PROMPT = Look below for the line containing "else if ltb dot 252"; from there, print each line exactly up to and including the line containing "lcdc = value", and stop.

PROVIDED RECORDS =
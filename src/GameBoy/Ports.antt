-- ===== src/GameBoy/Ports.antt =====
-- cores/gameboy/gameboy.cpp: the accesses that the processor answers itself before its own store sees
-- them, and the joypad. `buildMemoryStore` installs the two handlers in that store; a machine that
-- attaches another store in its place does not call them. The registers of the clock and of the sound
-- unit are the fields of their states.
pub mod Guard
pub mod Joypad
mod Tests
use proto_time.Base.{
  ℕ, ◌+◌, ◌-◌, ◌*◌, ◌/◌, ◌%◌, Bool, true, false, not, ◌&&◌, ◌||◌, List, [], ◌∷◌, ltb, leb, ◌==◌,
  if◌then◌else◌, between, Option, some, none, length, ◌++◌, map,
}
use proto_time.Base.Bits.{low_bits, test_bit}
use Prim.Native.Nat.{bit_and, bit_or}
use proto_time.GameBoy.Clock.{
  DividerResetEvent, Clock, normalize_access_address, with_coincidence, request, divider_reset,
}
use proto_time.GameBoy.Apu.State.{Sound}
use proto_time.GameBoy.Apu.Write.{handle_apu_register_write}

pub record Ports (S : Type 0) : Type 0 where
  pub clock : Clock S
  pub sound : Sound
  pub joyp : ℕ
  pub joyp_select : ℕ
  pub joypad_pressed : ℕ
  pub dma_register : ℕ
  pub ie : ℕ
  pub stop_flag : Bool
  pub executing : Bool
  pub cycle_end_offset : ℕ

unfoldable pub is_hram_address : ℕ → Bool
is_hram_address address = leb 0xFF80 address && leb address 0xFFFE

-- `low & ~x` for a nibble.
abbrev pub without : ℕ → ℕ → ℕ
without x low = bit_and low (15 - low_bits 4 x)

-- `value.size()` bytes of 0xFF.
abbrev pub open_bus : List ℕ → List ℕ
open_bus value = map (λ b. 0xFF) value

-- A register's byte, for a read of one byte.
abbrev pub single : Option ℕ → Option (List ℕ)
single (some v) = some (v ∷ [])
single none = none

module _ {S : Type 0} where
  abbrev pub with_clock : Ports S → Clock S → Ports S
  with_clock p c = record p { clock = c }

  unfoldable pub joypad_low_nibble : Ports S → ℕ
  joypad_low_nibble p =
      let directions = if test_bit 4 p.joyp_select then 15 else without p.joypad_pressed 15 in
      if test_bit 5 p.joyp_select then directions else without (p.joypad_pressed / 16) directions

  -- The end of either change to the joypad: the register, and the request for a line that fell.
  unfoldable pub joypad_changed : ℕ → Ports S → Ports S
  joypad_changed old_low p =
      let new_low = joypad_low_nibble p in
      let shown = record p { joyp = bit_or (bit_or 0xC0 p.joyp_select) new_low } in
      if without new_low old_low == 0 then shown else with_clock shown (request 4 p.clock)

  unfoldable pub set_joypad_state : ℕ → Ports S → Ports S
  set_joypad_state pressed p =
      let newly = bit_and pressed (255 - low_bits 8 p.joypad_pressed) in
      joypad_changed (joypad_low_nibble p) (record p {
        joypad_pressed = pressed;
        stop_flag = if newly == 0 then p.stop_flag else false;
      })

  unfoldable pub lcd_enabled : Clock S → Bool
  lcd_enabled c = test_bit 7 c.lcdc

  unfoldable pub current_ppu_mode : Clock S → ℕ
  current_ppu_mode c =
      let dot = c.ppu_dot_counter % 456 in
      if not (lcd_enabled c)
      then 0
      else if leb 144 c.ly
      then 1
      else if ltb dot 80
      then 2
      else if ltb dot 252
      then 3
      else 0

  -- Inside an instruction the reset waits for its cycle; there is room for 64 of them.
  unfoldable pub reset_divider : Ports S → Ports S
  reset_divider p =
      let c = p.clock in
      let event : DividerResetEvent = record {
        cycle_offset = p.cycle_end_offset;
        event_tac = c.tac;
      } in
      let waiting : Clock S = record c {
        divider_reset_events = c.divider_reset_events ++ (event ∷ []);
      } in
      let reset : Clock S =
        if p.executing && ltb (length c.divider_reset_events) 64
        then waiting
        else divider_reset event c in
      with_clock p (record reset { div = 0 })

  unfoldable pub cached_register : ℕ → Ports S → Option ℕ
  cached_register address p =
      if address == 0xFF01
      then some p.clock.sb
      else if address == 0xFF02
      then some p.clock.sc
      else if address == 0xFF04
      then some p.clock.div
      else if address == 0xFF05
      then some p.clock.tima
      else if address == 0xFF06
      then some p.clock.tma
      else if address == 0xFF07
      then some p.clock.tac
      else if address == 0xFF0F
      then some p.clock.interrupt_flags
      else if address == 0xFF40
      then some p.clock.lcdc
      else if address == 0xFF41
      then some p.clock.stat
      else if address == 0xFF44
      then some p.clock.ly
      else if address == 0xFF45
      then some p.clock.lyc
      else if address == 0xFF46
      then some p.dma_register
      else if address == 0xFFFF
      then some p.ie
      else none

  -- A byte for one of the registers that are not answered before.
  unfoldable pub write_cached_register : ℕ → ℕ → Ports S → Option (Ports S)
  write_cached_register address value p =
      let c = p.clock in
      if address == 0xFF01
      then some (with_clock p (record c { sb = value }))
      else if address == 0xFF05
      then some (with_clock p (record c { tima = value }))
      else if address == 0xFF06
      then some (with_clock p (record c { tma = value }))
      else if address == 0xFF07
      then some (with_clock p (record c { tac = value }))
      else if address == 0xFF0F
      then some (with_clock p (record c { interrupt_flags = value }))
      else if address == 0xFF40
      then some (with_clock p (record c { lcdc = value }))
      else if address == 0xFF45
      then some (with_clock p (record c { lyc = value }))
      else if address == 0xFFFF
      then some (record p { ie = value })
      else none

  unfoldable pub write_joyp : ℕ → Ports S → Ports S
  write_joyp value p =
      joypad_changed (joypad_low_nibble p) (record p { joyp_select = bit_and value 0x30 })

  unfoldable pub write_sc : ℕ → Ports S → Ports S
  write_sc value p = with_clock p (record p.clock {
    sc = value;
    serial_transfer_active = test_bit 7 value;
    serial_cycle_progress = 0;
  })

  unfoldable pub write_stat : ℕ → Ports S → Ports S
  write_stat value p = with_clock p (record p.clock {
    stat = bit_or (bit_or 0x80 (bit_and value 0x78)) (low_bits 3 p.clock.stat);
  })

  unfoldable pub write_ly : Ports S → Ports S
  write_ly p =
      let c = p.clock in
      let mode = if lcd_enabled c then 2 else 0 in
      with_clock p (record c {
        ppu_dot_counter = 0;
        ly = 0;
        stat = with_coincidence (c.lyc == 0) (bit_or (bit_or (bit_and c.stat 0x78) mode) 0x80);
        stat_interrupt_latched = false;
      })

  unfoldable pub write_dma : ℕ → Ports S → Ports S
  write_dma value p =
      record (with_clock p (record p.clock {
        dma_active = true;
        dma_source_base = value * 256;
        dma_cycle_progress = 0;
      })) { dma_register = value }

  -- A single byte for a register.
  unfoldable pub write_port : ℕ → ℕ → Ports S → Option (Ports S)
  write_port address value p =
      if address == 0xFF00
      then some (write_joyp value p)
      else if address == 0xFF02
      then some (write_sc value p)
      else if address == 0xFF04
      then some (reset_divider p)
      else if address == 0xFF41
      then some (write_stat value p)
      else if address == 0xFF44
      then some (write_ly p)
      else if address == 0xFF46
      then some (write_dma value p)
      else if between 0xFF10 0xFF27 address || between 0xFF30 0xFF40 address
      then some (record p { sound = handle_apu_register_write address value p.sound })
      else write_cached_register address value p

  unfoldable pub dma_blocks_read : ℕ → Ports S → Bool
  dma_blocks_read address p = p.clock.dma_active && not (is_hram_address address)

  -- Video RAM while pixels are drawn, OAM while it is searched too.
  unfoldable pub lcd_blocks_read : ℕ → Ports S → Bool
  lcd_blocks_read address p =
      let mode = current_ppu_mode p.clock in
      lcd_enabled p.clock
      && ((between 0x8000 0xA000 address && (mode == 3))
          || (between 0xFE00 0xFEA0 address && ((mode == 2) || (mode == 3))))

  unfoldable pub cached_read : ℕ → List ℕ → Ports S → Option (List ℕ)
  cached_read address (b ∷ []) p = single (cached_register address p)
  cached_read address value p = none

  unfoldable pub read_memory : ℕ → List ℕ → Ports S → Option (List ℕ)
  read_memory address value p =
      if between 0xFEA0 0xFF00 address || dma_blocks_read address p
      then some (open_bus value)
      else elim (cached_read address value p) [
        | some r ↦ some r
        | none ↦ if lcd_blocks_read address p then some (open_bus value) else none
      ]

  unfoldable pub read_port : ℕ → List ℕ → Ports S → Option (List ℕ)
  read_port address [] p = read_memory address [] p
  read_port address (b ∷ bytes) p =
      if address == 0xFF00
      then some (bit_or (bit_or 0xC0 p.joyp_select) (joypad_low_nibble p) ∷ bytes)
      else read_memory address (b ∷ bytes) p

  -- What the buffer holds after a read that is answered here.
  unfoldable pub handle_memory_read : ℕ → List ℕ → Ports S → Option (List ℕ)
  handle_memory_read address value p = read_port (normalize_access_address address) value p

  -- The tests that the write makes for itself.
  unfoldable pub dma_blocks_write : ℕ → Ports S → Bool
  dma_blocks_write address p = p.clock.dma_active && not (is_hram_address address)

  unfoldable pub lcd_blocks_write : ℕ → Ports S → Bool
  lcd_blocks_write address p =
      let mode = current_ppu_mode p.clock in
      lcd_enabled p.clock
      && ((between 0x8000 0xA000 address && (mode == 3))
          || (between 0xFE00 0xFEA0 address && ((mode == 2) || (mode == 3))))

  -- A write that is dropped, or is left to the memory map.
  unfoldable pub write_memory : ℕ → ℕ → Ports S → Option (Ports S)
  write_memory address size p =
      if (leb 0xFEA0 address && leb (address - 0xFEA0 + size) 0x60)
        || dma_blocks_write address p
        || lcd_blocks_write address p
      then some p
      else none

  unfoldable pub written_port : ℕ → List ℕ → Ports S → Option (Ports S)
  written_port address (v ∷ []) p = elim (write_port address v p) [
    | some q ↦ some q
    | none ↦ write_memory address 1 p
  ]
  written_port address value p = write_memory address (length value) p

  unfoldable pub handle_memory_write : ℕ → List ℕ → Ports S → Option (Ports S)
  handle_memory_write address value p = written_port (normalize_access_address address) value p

--

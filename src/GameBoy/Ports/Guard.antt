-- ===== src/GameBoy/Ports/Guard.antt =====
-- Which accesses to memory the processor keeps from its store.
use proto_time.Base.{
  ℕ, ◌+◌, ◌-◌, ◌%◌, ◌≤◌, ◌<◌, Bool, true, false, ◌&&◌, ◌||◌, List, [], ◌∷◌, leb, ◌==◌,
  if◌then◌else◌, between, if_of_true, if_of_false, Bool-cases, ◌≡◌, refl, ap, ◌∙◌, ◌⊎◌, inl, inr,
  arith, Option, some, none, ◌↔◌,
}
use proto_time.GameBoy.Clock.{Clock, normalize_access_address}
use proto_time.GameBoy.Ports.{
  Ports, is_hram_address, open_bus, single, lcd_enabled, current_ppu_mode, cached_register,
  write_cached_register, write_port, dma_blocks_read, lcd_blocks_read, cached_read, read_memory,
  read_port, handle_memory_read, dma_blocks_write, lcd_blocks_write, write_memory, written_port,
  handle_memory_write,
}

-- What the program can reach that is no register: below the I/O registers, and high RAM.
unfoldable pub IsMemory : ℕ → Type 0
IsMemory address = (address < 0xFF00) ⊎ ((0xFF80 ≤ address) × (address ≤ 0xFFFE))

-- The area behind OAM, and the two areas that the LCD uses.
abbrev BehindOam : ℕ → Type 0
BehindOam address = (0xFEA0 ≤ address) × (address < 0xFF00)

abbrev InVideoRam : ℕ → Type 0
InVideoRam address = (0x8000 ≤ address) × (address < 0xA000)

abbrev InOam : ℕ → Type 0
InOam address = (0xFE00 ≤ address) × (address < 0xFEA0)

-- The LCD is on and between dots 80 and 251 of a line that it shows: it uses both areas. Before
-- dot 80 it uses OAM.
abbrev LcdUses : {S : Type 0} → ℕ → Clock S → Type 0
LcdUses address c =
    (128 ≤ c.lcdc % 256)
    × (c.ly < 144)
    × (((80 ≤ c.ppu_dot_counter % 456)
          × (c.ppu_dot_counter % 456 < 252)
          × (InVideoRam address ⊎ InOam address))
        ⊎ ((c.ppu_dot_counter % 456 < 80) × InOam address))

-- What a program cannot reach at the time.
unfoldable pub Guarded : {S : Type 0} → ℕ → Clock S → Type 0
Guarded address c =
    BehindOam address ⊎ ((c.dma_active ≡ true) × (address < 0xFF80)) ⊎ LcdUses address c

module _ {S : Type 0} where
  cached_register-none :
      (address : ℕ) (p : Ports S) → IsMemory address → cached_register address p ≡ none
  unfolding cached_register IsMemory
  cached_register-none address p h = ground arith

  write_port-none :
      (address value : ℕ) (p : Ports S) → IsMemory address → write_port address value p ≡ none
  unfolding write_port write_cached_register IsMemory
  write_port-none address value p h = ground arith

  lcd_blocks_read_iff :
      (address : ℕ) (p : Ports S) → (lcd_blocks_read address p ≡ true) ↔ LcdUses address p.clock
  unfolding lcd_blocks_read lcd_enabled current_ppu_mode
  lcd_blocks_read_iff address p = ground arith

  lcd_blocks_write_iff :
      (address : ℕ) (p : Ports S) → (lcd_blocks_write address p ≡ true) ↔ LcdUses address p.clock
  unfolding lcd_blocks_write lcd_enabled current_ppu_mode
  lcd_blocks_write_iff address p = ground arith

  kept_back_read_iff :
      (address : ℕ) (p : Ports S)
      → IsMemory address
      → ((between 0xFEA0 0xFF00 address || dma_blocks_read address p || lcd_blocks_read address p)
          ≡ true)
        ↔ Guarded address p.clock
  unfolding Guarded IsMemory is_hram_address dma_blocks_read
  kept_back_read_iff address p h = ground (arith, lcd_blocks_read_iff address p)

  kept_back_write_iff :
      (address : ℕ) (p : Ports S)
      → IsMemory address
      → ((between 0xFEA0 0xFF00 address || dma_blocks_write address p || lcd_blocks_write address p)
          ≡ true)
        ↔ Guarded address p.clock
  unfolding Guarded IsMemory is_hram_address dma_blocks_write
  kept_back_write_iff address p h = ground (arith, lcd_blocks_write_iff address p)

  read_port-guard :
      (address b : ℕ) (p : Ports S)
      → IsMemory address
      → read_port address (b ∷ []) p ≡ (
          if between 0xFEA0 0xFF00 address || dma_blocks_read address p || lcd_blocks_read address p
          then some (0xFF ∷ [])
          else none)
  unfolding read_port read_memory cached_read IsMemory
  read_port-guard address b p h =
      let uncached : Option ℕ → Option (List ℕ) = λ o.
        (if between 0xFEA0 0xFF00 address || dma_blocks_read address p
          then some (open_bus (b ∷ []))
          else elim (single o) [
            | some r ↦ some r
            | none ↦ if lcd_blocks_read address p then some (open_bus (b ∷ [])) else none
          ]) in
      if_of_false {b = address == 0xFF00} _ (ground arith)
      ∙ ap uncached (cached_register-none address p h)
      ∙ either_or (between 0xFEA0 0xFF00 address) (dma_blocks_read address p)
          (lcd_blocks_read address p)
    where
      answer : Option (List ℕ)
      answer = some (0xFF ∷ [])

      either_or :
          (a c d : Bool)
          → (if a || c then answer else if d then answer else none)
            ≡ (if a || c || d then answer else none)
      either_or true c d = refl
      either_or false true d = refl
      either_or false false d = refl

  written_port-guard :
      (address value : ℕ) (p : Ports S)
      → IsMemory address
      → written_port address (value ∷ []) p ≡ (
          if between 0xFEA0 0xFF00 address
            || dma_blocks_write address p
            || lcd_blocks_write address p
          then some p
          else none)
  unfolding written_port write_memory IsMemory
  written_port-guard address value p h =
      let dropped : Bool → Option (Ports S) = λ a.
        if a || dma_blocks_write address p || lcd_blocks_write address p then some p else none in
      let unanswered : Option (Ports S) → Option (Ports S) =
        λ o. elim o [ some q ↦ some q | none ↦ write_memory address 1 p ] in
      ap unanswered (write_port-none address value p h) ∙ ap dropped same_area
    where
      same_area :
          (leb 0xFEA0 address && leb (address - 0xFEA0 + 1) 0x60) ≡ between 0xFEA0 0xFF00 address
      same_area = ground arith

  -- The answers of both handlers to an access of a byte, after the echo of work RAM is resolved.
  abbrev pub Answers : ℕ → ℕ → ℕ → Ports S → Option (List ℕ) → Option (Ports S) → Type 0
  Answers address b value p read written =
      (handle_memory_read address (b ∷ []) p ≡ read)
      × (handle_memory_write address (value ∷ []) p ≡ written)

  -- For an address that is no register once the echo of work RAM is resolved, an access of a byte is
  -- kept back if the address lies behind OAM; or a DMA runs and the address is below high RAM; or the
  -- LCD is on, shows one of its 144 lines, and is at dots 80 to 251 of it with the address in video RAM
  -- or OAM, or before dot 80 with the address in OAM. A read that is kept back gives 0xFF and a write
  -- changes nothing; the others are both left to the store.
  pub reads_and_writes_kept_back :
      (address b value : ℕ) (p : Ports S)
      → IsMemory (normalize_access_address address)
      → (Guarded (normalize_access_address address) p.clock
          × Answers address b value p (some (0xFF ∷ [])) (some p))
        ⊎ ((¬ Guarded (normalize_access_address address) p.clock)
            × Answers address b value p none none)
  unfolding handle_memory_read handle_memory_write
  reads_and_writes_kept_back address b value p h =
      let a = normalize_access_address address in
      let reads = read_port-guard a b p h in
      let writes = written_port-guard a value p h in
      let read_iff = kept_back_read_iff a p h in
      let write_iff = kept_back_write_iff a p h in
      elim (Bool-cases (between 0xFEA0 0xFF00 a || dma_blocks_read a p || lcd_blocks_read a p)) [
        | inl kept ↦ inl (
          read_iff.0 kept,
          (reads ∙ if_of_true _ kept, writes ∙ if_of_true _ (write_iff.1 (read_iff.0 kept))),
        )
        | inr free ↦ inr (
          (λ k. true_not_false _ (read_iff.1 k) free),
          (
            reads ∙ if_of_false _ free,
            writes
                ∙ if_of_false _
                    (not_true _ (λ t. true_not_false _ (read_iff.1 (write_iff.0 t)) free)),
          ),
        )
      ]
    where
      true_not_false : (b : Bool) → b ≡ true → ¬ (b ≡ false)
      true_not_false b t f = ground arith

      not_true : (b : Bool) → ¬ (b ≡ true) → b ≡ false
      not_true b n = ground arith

RESPONSE TO THE EXERCISE =
      else if ltb dot 252
      then 3
      else 0

  -- Inside an instruction the reset waits for its cycle; there is room for 64 of them.
  unfoldable pub reset_divider : Ports S → Ports S
  reset_divider p =
      let c = p.clock in
      let event : DividerResetEvent = record {
        cycle_offset = p.cycle_end_offset;
        event_tac = c.tac;
      } in
      let waiting : Clock S = record c {
        divider_reset_events = c.divider_reset_events ++ (event ∷ []);
      } in
      let reset : Clock S =
        if p.executing && ltb (length c.divider_reset_events) 64
        then waiting
        else divider_reset event c in
      with_clock p (record reset { div = 0 })

  unfoldable pub cached_register : ℕ → Ports S → Option ℕ
  cached_register address p =
      if address == 0xFF01
      then some p.clock.sb
      else if address == 0xFF02
      then some p.clock.sc
      else if address == 0xFF04
      then some p.clock.div
      else if address == 0xFF05
      then some p.clock.tima
      else if address == 0xFF06
      then some p.clock.tma
      else if address == 0xFF07
      then some p.clock.tac
      else if address == 0xFF0F
      then some p.clock.interrupt_flags
      else if address == 0xFF40
      then some p.clock.lcdc
      else if address == 0xFF41
      then some p.clock.stat
      else if address == 0xFF44
      then some p.clock.ly
      else if address == 0xFF45
      then some p.clock.lyc
      else if address == 0xFF46
      then some p.dma_register
      else if address == 0xFFFF
      then some p.ie
      else none

  -- A byte for one of the registers that are not answered before.
  unfoldable pub write_cached_register : ℕ → ℕ → Ports S → Option (Ports S)
  write_cached_register address value p =
      let c = p.clock in
      if address == 0xFF01
      then some (with_clock p (record c { sb = value }))
      else if address == 0xFF05
      then some (with_clock p (record c { tima = value }))
      else if address == 0xFF06
      then some (with_clock p (record c { tma = value }))
      else if address == 0xFF07
      then some (with_clock p (record c { tac = value }))
      else if address == 0xFF0F
      then some (with_clock p (record c { interrupt_flags = value }))
      else if address == 0xFF40
      then some (with_clock p (record c { lcdc = value }))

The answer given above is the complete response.